4. 150 or 220 grit sand paper.
5. Blade plugs. However many you need. They come with the reflecting disc pre installed on them.
http://www.ultrasabers.com/product-p/parts-rtipheavy.htm6. Hot glue and gun.
7. CLEAR E-6000.
8. Scissors, and something to cut the polycarbonate with. I used a serrated blade on a leatherman.
9. Sharpie.
10. Tissue paper and a dry cloth.
11. Measuring tape.
12. Time, and lots and lots of patience.
INSTRUCTIONS1. Peel the sticker off your dowel rod and sand off the remnants. Then wipe it down to get the wood dust off.
2. Using the measuring tape, measure how long you want the blade from the emitter. Then find out how much of the blade sits in the hilt and add that to your measurement. Do this for all the blades you're making, in the case of the flamberge, 3.

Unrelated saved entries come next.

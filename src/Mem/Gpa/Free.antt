-- ===== src/Mem/Gpa/Free.antt =====
-- `find_free_mem_region` finds the first gap that is large enough.
use masters_proj.Prelude.{
  ℕ, ◌+◌, ◌*◌, ◌%◌, ◌^◌, ◌≤◌, ◌<◌, ◌≡◌, refl, ◌⊎◌, inl, inr, true, List, [], ◌∷◌, arith, leb, ltb,
  leb→le, All, sub64, Bool-cases, some, none,
}
use masters_proj.Mem.State.{Region}
use masters_proj.Mem.Gpa.{
  region_end, reached, has_next, size_of, find_free_from, find_free_mem_region,
}
use masters_proj.Mem.Gpa.Layout.{end_of, IsRegion, Layout, region_end-eq}

-- A block of `npages` pages at `g` lies in a gap of the list: `map_gpa` would stop there, and
-- every region lies before or behind the block.
pub record IsGap (lo npages : ℕ) (rs : List Region) (g : ℕ) : Type 0 where
  pub above : lo ≤ g
  pub aligned : g % 4096 ≡ 0
  pub disjoint : All (λ r. (end_of r ≤ g) ⊎ (g + npages * 4096 ≤ r.gpa)) rs
  pub next : has_next (g + npages * 4096) (reached g rs) ≡ true

All-behind :
    (lo e g : ℕ) (rs : List Region)
    → Layout lo rs
    → e ≤ lo
    → All (λ r. (end_of r ≤ g) ⊎ (e ≤ r.gpa)) rs
All-behind lo e g [] l h = tt
All-behind lo e g (r ∷ rs) l h = (inr (omega arith), All-behind (end_of r) e g rs l.2 (omega arith))

-- A gap behind a region's end is a gap of the longer list.
IsGap-cons :
    {lo npages g : ℕ} {rs : List Region} (r : Region)
    → IsRegion r
    → lo ≤ r.gpa
    → IsGap (end_of r) npages rs g
    → IsGap lo npages (r ∷ rs) g
unfolding reached
IsGap-cons {g} r v h gap = record {
  above = omega arith;
  aligned = gap.aligned;
  disjoint = (inl gap.above, gap.disjoint);
  next = ground (arith, region_end-eq r v, gap.next, gap.above);
}

pub find_free_from-IsGap :
    (npages lo : ℕ) (rs : List Region)
    → 0 < npages
    → npages * 4096 < 2 ^ 64
    → lo % 4096 ≡ 0
    → lo < 2 ^ 64
    → Layout lo rs
    → IsGap lo npages rs (find_free_from npages lo rs)
unfolding find_free_from reached
find_free_from-IsGap npages lo [] p s al b l = record {
  above = omega arith;
  aligned = al;
  disjoint = tt;
  next = refl;
}
find_free_from-IsGap npages lo (r ∷ rs) p s al b l =
    elim (Bool-cases (leb (size_of npages) (sub64 r.gpa lo))) [
      | inl enough ↦ rw enough (record {
        above = omega arith;
        aligned = al;
        disjoint = (
          inr (gap_size (leb→le _ _ enough)),
          All-behind (end_of r) _ lo rs l.2 (omega (arith, gap_size (leb→le _ _ enough))),
        );
        next = ground (arith, region_end-eq r l.1, gap_size (leb→le _ _ enough));
      })
      | inr little ↦
          rw (little, region_end-eq r l.1)
            (IsGap-cons r l.1 l.0
              (find_free_from-IsGap npages (end_of r) rs p s (omega arith) (omega arith) l.2))
    ]
  where
    gap_size : size_of npages ≤ sub64 r.gpa lo → lo + npages * 4096 ≤ r.gpa
    gap_size h = omega arith

-- No region of the list meets the block of `npages` pages at `g`.
abbrev pub IsFree : (g npages : ℕ) → List Region → Type 0
IsFree g npages = All λ r. (end_of r ≤ g) ⊎ (g + npages * 4096 ≤ r.gpa)

find_free_from-le :
    (npages lo g : ℕ) (rs : List Region)
    → npages * 4096 < 2 ^ 64
    → lo ≤ g
    → Layout lo rs
    → IsFree g npages rs
    → find_free_from npages lo rs ≤ g
unfolding find_free_from
find_free_from-le npages lo g [] s h l f = h
find_free_from-le npages lo g (r ∷ rs) s h l (inl behind, f) =
    ground (arith, region_end-eq r l.1, find_free_from-le npages (end_of r) g rs s behind l.2 f)
find_free_from-le npages lo g (r ∷ rs) s h l (inr before, f) = ground arith

-- In a well-formed list, and for a number of pages whose size fits in 64 bits,
-- `find_free_mem_region` fails for zero pages; otherwise it finds a page-aligned block that meets
-- no region, and the lowest one.
pub find_free_mem_region-lowest :
    (npages : ℕ) (rs : List Region)
    → npages * 4096 < 2 ^ 64
    → Layout 0 rs
    → ((npages ≡ 0) × (find_free_mem_region npages rs ≡ none))
      ⊎ ((g : ℕ) × (0 < npages)
          × (find_free_mem_region npages rs ≡ some g)
          × (g % 4096 ≡ 0)
          × IsFree g npages rs
          × ((h : ℕ) → IsFree h npages rs → g ≤ h))
unfolding find_free_mem_region
find_free_mem_region-lowest npages rs s l = elim (Bool-cases (ltb npages 1)) [
  | inl zero_pages ↦ inl (ground arith, rw zero_pages refl)
  | inr some_pages ↦
      let gap = find_free_from-IsGap npages 0 rs (ground arith) s refl (omega arith) l in
      inr (
        find_free_from npages 0 rs,
        ground arith,
        rw some_pages refl,
        gap.aligned,
        gap.disjoint,
        λ h f. find_free_from-le npages 0 h rs s (omega arith) l f,
      )
]

-- In a well-formed list the test of `map_gpa` is the absence of an overlap.
pub has_next-IsFree :
    (lo g npages : ℕ) (rs : List Region)
    → 0 < npages
    → Layout lo rs
    → has_next (g + npages * 4096) (reached g rs) ≡ true
    → IsFree g npages rs
unfolding reached
has_next-IsFree lo g npages [] p l h = tt
has_next-IsFree lo g npages (r ∷ rs) p l h = elim (Bool-cases (leb (region_end r) g)) [
  | inl past ↦ (
    inl (omega (arith, leb→le _ _ past, region_end-eq r l.1)),
    has_next-IsFree (end_of r) g npages rs p l.2 (rw past at h),
  )
  | inr early ↦
      let before = leb→le _ _ (rw early at h) in
      (inr before, All-behind (end_of r) _ g rs l.2 (omega arith))
]

pub IsFree-has_next :
    (lo g npages : ℕ) (rs : List Region)
    → 0 < npages
    → Layout lo rs
    → IsFree g npages rs
    → has_next (g + npages * 4096) (reached g rs) ≡ true
unfolding reached
IsFree-has_next lo g npages [] p l f = refl
IsFree-has_next lo g npages (r ∷ rs) p l (inl behind, f) =
    ground (arith, region_end-eq r l.1, IsFree-has_next (end_of r) g npages rs p l.2 f)
IsFree-has_next lo g npages (r ∷ rs) p l (inr before, f) = ground (arith, region_end-eq r l.1)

3. With the sharpie, transfer this to your tube and then cut. It may be best to have someone help you cut if you're using a knife by keeping it against a steady perpendicular surface and rolling it against it.
4. Sand the tubes. First up and down the blade vertically, then around the blade horizontally. This gives the blade that frosted look because I couldn't find frosted polycarbonate, if you can find it more power to you. This takes up the most time and your arms will get tired beyond all belief because you need it to be as uniform as possible and cannot have any transparent areas. Change sand paper often because you'll put melted bits of dust on it and it's hard to get off. Also clean off and burrs from cutting the blade.
5. Wipe down the blade with a dry cloth. NOT WET. A wet cloth will leave water marks that will make the blade look weird when it's lit.
6. Put in the blade plugs, but DO NOT glue them in yet. This is a good point to test out the length of the blade in the hilt and to turn it on just to see how it looks.
7. Get as clear a surface as possible on carpet to lay down the cellophane. This is likely not possible so watch for hairs and dusts later.
8. Using the dowel rod in the tube of cellophane and holding the edge of the cellophane firm but not enough to crease it, roll the cellophane to the side to a length just a little longer than you're blade. When laying down it should look kind of like how the toilet paper roll goes over, not under. This keeps it from rolling back onto itself since the cellophane lays flat this way.
9. Cut the cellophane. You won't be able to see what you're doing because of how near invisible it is.
10. Using the dowel rod placed in the center of the edge of your cellophane roll the cellophane perpendicular to the way you unrolled it earlier. This is difficult since the edges hang off the ends of the dowl. DO NOT try and get it tight with the first wrap around, you will just frustrate yourself and get angry. To make the roll smaller than the inner diameter of your tube keep rolling it against the carpet to make it roll down kind of like rolling paper against a table to make it tight. REMEMBER to watch for hairs and dirt as you roll and clean them as you go.
11. Carefully slide the cellophane into the blade along the floor, then let the dowel fall out. Use your pinky to unroll the cellophane to the edges.
12. Go into a dark room and test the blade. I found that 2 layers of cellophane worked best, but this is to your preference so you may need to repeat steps 8-11.
13. When you have your cellophane to the preferred thickness use your pinky again to tighten the roll and pull it out just a little to cut it and push it back in so none of the cellophane pokes out of the end.
14. With the hot glue gun, secure the cellophane to the blade.
15. Using the edge of your scissors pop the blade plug out.
16. Draw a small bead of E-6000 around the inside edge of the blade.
17. Place the blade plug back in whilst trying to turn it. This will ensure a better seal and more contact for the glue.
18. In the case of the flamberge, mark on the new blade where the bottom of the emitter ring is supposed to be and place it there. If you're working with a normal saber, Just secure it and have fun.